ALTER CLUSTER

Alter the state of an existing cluster.

Synopsis

  1. ALTER CLUSTER
  2. { REROUTE RETRY FAILED
  3. | DECOMMISSION <nodeId | nodeName>
  4. | SWAP TABLE source TO target [ WITH ( expr = expr [ , ... ] ) ]
  5. | GC DANGLING ARTIFACTS
  6. }

Description

ALTER CLUSTER applies a change to the cluster state.

Arguments

REROUTE RETRY FAILED

The index setting routing.allocation.max_retries indicates the maximum of attempts to allocate a shard on a node. If this limit is reached it leaves the shard unallocated.

This command allows the enforcement to retry the allocation of shards which failed to allocate. See Reroute shards to get convenient use-cases.

The rowcount defines the number of shards that will be allocated. A rowcount of -1 reflects an error or indicates that the statement did not get acknowledged.

Note

This statement can only be invoked by superusers that already exist in the cluster.

Additionally, keep in mind that this statement only triggers the shard re-allocation and is therefore asynchronous. Unassigned shards with large size will take some time to allocate.

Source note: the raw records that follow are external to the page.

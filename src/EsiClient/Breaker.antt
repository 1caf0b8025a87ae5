-- ===== src/EsiClient/Breaker.antt =====
-- The error-budget breaker of app/esi_client.py.
use eve_api_cache.Base.{
  ℕ, zero, ◌+◌, ◌-◌, ◌*◌, ◌≤◌, ◌<◌, ◌≡◌, max, Bool, true, false, ◌||◌, Option, none, some, List,
  ◌∷◌, ◌==◌, leb, ltb, if◌then◌else◌, text, arith,
}
use eve_api_cache.Base.Ints.{ℤ, pos, negsuc}
use eve_api_cache.Events.{Event, set_gauge}
use eve_api_cache.EsiClient.Headers.{HttpResponse, int_header}
use eve_api_cache.EsiClient.State.{Settings, Budget}

-- `_RATE_LIMIT_STATUSES`
abbrev pub is_rate_limit : ℕ → Bool
is_rate_limit status = status == 420 || status == 429

-- `<=` on integers
abbrev pub int_leb : ℤ → ℤ → Bool
int_leb (pos a) (pos b) = leb a b
int_leb (pos a) (negsuc b) = false
int_leb (negsuc a) (pos b) = true
int_leb (negsuc a) (negsuc b) = leb b a

-- `a or b` where `a` is an optional integer
abbrev pub or_int : Option ℤ → ℤ → ℤ
or_int none other = other
or_int (some (pos zero)) other = other
or_int (some v) other = v

-- A time some seconds from `now`, which are `second` ticks each; never before 0.
abbrev pub seconds_from : ℕ → ℕ → ℤ → ℕ
seconds_from second now (pos n) = now + n * second
seconds_from second now (negsuc n) = now - (n + 1) * second

abbrev or_keep : Option ℤ → Option ℤ → Option ℤ
or_keep none old = old
or_keep (some v) old = some v

abbrev low : ℤ → Option ℤ → Bool
low threshold none = false
low threshold (some remain) = int_leb remain threshold

module _ (cfg : Settings) (second : ℕ) where
  -- `trip`
  unfoldable pub trips : HttpResponse → Bool
  trips resp =
      is_rate_limit resp.status_code
      || low cfg.esi_error_budget_threshold (int_header resp (text "x-esi-error-limit-remain"))

  -- `block_for`, in seconds
  unfoldable pub block_for : HttpResponse → ℤ
  block_for resp = or_int (int_header resp (text "retry-after")) (
      or_int (int_header resp (text "x-esi-error-limit-reset"))
        (pos cfg.esi_error_budget_block_seconds))

  -- The state of the breaker after `_note_response_budget` at time `now`.
  unfoldable pub note_budget : HttpResponse → ℕ → Budget → Budget
  unfolding trips block_for
  note_budget resp now b = record {
    error_limit_remain =
        or_keep (int_header resp (text "x-esi-error-limit-remain")) b.error_limit_remain;
    error_limit_reset =
        or_keep (int_header resp (text "x-esi-error-limit-reset")) b.error_limit_reset;
    blocked_until =
        if trips resp
        then max b.blocked_until (seconds_from second now (block_for resp))
        else b.blocked_until;
  }

-- `_budget_blocked`, `is_budget_blocked`
unfoldable pub budget_blocked : ℕ → Budget → Bool
budget_blocked now b = ltb now b.blocked_until

abbrev gauge_of_remain : Option ℤ → List Event → List Event
gauge_of_remain none events = events
gauge_of_remain (some remain) events = set_gauge (text "esi_error_limit_remain") remain ∷ events

-- The gauges that `_note_response_budget` sets, `b` being the state after it.
unfoldable pub budget_events : HttpResponse → ℕ → Budget → List Event → List Event
unfolding budget_blocked
budget_events resp now b events =
    set_gauge (text "esi_budget_blocked") (if budget_blocked now b then pos 1 else pos 0)
    ∷ gauge_of_remain (int_header resp (text "x-esi-error-limit-remain")) events

-- `budget_status`: the time that is left of the block, in ticks
unfoldable pub block_remaining : ℕ → Budget → ℕ
block_remaining now b = b.blocked_until - now

-- A response never shortens a block.
pub blocked_until-le-note_budget :
    (cfg : Settings) (second : ℕ) (resp : HttpResponse) (now : ℕ) (b : Budget)
    → b.blocked_until ≤ (note_budget cfg second resp now b).blocked_until
unfolding note_budget
blocked_until-le-note_budget cfg second resp now b = ground arith

-- After a response that trips the breaker and asks for `n` more seconds, or gives no hint where
-- the setting is `n`, the breaker is engaged until those `n` seconds have passed.
pub note_budget-blocked :
    (cfg : Settings) (second n : ℕ) (resp : HttpResponse) (now t : ℕ) (b : Budget)
    → trips cfg second resp ≡ true
    → block_for cfg second resp ≡ pos n
    → t < now + n * second
    → budget_blocked t (note_budget cfg second resp now b) ≡ true
unfolding note_budget budget_blocked
note_budget-blocked cfg second n resp now t b trip wait h = rw (trip, wait) (ground arith)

DECOMMISSION <nodeId | nodeName>

This command triggers a graceful cluster node decommission. The node can be specified by either its Id or name. See Graceful stop for more information on decommissioning nodes gracefully.

SWAP TABLE

  1. SWAP TABLE source TO target [ WITH ( expr = expr [ , ... ] ) ]

This command swaps two tables. source will be renamed to target and target will be renamed to source.

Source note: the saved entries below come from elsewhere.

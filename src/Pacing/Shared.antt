-- ===== src/Pacing/Shared.antt =====
-- engine/src/engine/options/pacing.py: `SharedPacingBudget.acquire`, which draws on the ledger and on the
-- bucket of its process. What the bucket does is an argument, with the instant at which it is done.
use ibkr_strategy_engine.Prelude.{
  ◌≡◌, refl, sym, ap, ◌∙◌, ℕ, pos, String, Bool, true, false, ◌&&◌, str_eq, eq_iff, Option, none,
  some, arith, List, [], ◌∷◌, ◌++◌, inl, inr, Bool-cases, if◌then◌else◌,
}
use ibkr_strategy_engine.Prelude.Result.{Result, ok, err}
use ibkr_strategy_engine.Pacing.Tables.{
  RequestKind, Priority, ReservationState, PacingReservation, Usage, Ledger, find, is_due, expire,
  reap, limit_of, is_discovery,
}
use ibkr_strategy_engine.Pacing.{
  PacingError, Config, ReserveCall, Granted, Call, existing, before, exceeds, conflicts, grant,
  new_reservation, check_call, after_check, reserve, usage_of, on_row, commit_row, commit,
  release_row, release,
}
use ibkr_strategy_engine.Pacing.Grants.{next_tables, chosen, granted_new}

pub data SharedError : Type 0 where
  paced local_failed : SharedError
  ledger : PacingError → SharedError

-- `self.local.acquire`: it raises, or it has waited for its token.
pub data LocalAnswer : Type 0 where
  failed waited : ℕ → LocalAnswer

abbrev pub Acquired : Type 0
Acquired = Result SharedError Unit × Ledger

-- The exception of the bucket is raised again, unless the release raises its own.
abbrev pub after_release : Call → Acquired
after_release (ok _, l) = (err SharedError.local_failed, l)
after_release (err e, l) = (err (SharedError.ledger e), l)

abbrev pub after_commit : Call → Acquired
after_commit (ok _, l) = (ok tt, l)
after_commit (err e, l) = (err (SharedError.ledger e), l)

abbrev pub on_reservation : LocalAnswer → PacingReservation → Ledger → Acquired
on_reservation (LocalAnswer.failed at) r l = after_release (release r.reservation_id at l)
on_reservation (LocalAnswer.waited at) r l =
    after_commit (commit r.reservation_id (some (pos 1)) at l)

abbrev pub after_reserve : LocalAnswer → Granted → Acquired
after_reserve answer (err e, l) = (err (SharedError.ledger e), l)
after_reserve answer (ok none, l) = (err SharedError.paced, l)
after_reserve answer (ok (some r), l) = on_reservation answer r l

-- The call of the ledger: `cost=1`, under a request key of its own.
abbrev pub shared_call : RequestKind → Priority → String → String → ℕ → String → ReserveCall
shared_call kind priority owner_id request_key now fresh = record {
  kind = kind;
  cost = pos 1;
  priority = priority;
  owner_id = owner_id;
  request_key = some request_key;
  ttl = none;
  now = now;
  fresh = fresh;
}

-- With the request key that `_request_key` draws, the instants of the clock and the id that the ledger draws.
unfoldable pub acquire :
    Config → RequestKind → Priority → String → String → ℕ → String → LocalAnswer → Ledger → Acquired
acquire c kind priority owner_id request_key now fresh answer l =
    after_reserve answer (reserve c (shared_call kind priority owner_id request_key now fresh) l)

-- One more row of usage where the call returned, and none where it raised.
abbrev pub Spends : Ledger → Usage → Acquired → Type 0
Spends before row (ok _, l) = l.usage ≡ before.usage ++ row ∷ []
Spends before row (err _, l) = l.usage ≡ before.usage

reserve-usage : (c : Config) (q : ReserveCall) (l : Ledger) → (reserve c q l).1.usage ≡ l.usage
unfolding reserve reap
reserve-usage c q l = checked (check_call c q) (existing q.request_key (reap q.now l).reservations)
  where
    m : Ledger
    m = reap q.now l

    tested : (paused full taken : Bool) → (chosen c q l paused full taken).1.usage ≡ l.usage
    tested true full taken = refl
    tested false true taken = refl
    tested false false true = refl
    tested false false false = refl

    checked :
        (v : Result PacingError Unit) (o : Option PacingReservation)
        → (after_check v l (grant c q l m o)).1.usage ≡ l.usage
    checked (err e) o = refl
    checked (ok _) (some r) = refl
    checked (ok _) none =
        tested (is_discovery q.priority && before q.now (limit_of m q.kind).paused_until)
          (exceeds c q m) (conflicts q m.reservations)

release-usage : (id : String) (now : ℕ) (l : Ledger) → (release id now l).1.usage ≡ l.usage
unfolding release reap
release-usage id now l = by_row (find id (reap now l).reservations)
  where
    by_state :
        (r : PacingReservation) (s : ReservationState)
        → (release_row id l (reap now l) r s).1.usage ≡ l.usage
    by_state r ReservationState.active = refl
    by_state r ReservationState.committed = refl
    by_state r ReservationState.released = refl
    by_state r ReservationState.expired = refl
    by_state r ReservationState.unknown = refl

    by_row :
        (o : Option PacingReservation)
        → (on_row l o (λ r. release_row id l (reap now l) r r.state)).1.usage ≡ l.usage
    by_row none = refl
    by_row (some r) = by_state r r.state

-- The row that was added last, when the rows that are due expire.
abbrev aged : ℕ → PacingReservation → PacingReservation
aged now r = if is_due now r then record r { state = ReservationState.expired } else r

find_added :
    (id : String) (now : ℕ) (rs : List PacingReservation) (r : PacingReservation)
    → find id rs ≡ none
    → str_eq r.reservation_id id ≡ true
    → find id (expire now (rs ++ r ∷ [])) ≡ some (aged now r)
unfolding find expire
find_added id now [] r h own = elim (Bool-cases (is_due now r)) [
  | inl due ↦ rw (due, own) refl
  | inr early ↦ rw (early, own) refl
]
find_added id now (x ∷ rs) r h own = elim (Bool-cases (str_eq x.reservation_id id)) [
  | inl here ↦ absurd (ground arith)
  | inr there ↦ elim (Bool-cases (is_due now x)) [
    | inl due ↦ rw (due, there) (find_added id now rs r (rw there at h) own)
    | inr early ↦ rw (early, there) (find_added id now rs r (rw there at h) own)
  ]
]

abbrev ended : LocalAnswer → ℕ
ended (LocalAnswer.failed at) = at
ended (LocalAnswer.waited at) = at

aged-Spends :
    (c : Config) (q : ReserveCall) (at : ℕ) (l : Ledger)
    → q.cost ≡ pos 1
    → let r = new_reservation c q in
      let m = next_tables c q l in
      Spends l (usage_of r 1 at) (
        after_commit (
          on_row m
            (some (aged at r))
            (λ x. commit_row q.fresh (some (pos 1)) at m (reap at m) x x.state)))
unfolding reap
aged-Spends c q at l one = elim (Bool-cases (is_due at (new_reservation c q))) [
  | inl due ↦ rw due refl
  | inr early ↦ rw (early, one) refl
]

reserved-Spends :
    (c : Config) (q : ReserveCall) (answer : LocalAnswer) (l : Ledger)
    → q.cost ≡ pos 1
    → find q.fresh (reap q.now l).reservations ≡ none
    → Spends l
        (usage_of (new_reservation c q) 1 (ended answer))
        (on_reservation answer (new_reservation c q) (next_tables c q l))
unfolding commit reap
reserved-Spends c q (LocalAnswer.failed at) l one unused =
    released (release q.fresh at m) (release-usage q.fresh at m)
  where
    m : Ledger
    m = next_tables c q l

    released :
        (k : Call)
        → k.1.usage ≡ m.usage
        → Spends l (usage_of (new_reservation c q) 1 at) (after_release k)
    released (ok _, _) h = h
    released (err _, _) h = h
reserved-Spends c q (LocalAnswer.waited at) l one unused =
    rw
      (find_added q.fresh at (reap q.now l).reservations (new_reservation c q) unused
        ((eq_iff q.fresh q.fresh).1 refl))
      (aged-Spends c q at l one)

-- Under a new id and a request key that no reservation holds, an `acquire` that returns has recorded
-- exactly one request against the session, of its kind and priority and at the instant at which it was let
-- through; where it raises, whether the ledger refused, the bucket failed, or the reservation had expired by
-- the time the bucket let it through, it has recorded none.
pub acquire-Spends :
    (c : Config) (kind : RequestKind) (priority : Priority) (owner_id request_key : String)
    (now : ℕ) (fresh : String) (answer : LocalAnswer) (l : Ledger)
    → existing (some request_key) (reap now l).reservations ≡ none
    → find fresh (reap now l).reservations ≡ none
    → let q = shared_call kind priority owner_id request_key now fresh in
      Spends l
        (usage_of (new_reservation c q) 1 (ended answer))
        (acquire c kind priority owner_id request_key now fresh answer l)
unfolding acquire
acquire-Spends c kind priority owner_id request_key now fresh answer l unheld unused =
    reserved (reserve c q l) refl
  where
    q : ReserveCall
    q = shared_call kind priority owner_id request_key now fresh

    reserved :
        (g : Granted)
        → reserve c q l ≡ g
        → Spends l (usage_of (new_reservation c q) 1 (ended answer)) (after_reserve answer g)
    reserved (err e, k) h = ap (λ (g : Granted). g.1.usage) (sym h) ∙ reserve-usage c q l
    reserved (ok none, k) h = ap (λ (g : Granted). g.1.usage) (sym h) ∙ reserve-usage c q l
    reserved (ok (some r), k) h =
        let (tables, new, _) = granted_new c q l r unheld (ap (λ (g : Granted). g.0) h) in
        let same : k ≡ next_tables c q l = sym (ap (λ (g : Granted). g.1) h) ∙ tables in
        rw (same, new) (reserved-Spends c q answer l refl unused)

An example use case of this feature is some sort of schema migration using INSERT INTO ... query. You’d create a new table with an updated schema, copy over the data from the old table and then replace the old table with the new table.

Note

Swapping two tables causes the shards to be unavailable for a short period.

Options

drop_source

Default: false

A boolean option that if set to true causes the command to remove the source table after the rename. This causes the command to replace source with target, instead of swapping the names.

GC DANGLING ARTIFACTS

  1. GC DANGLING ARTIFACTS

Some operations in CrateDB might temporarily create data to complete the operation. If during such an operation the cluster starts failing these temporary artifacts might not be cleaned up correctly.

The ALTER CLUSTER GC DANGLING ARTIFACTS command can be used to remove all artifacts created by such operations.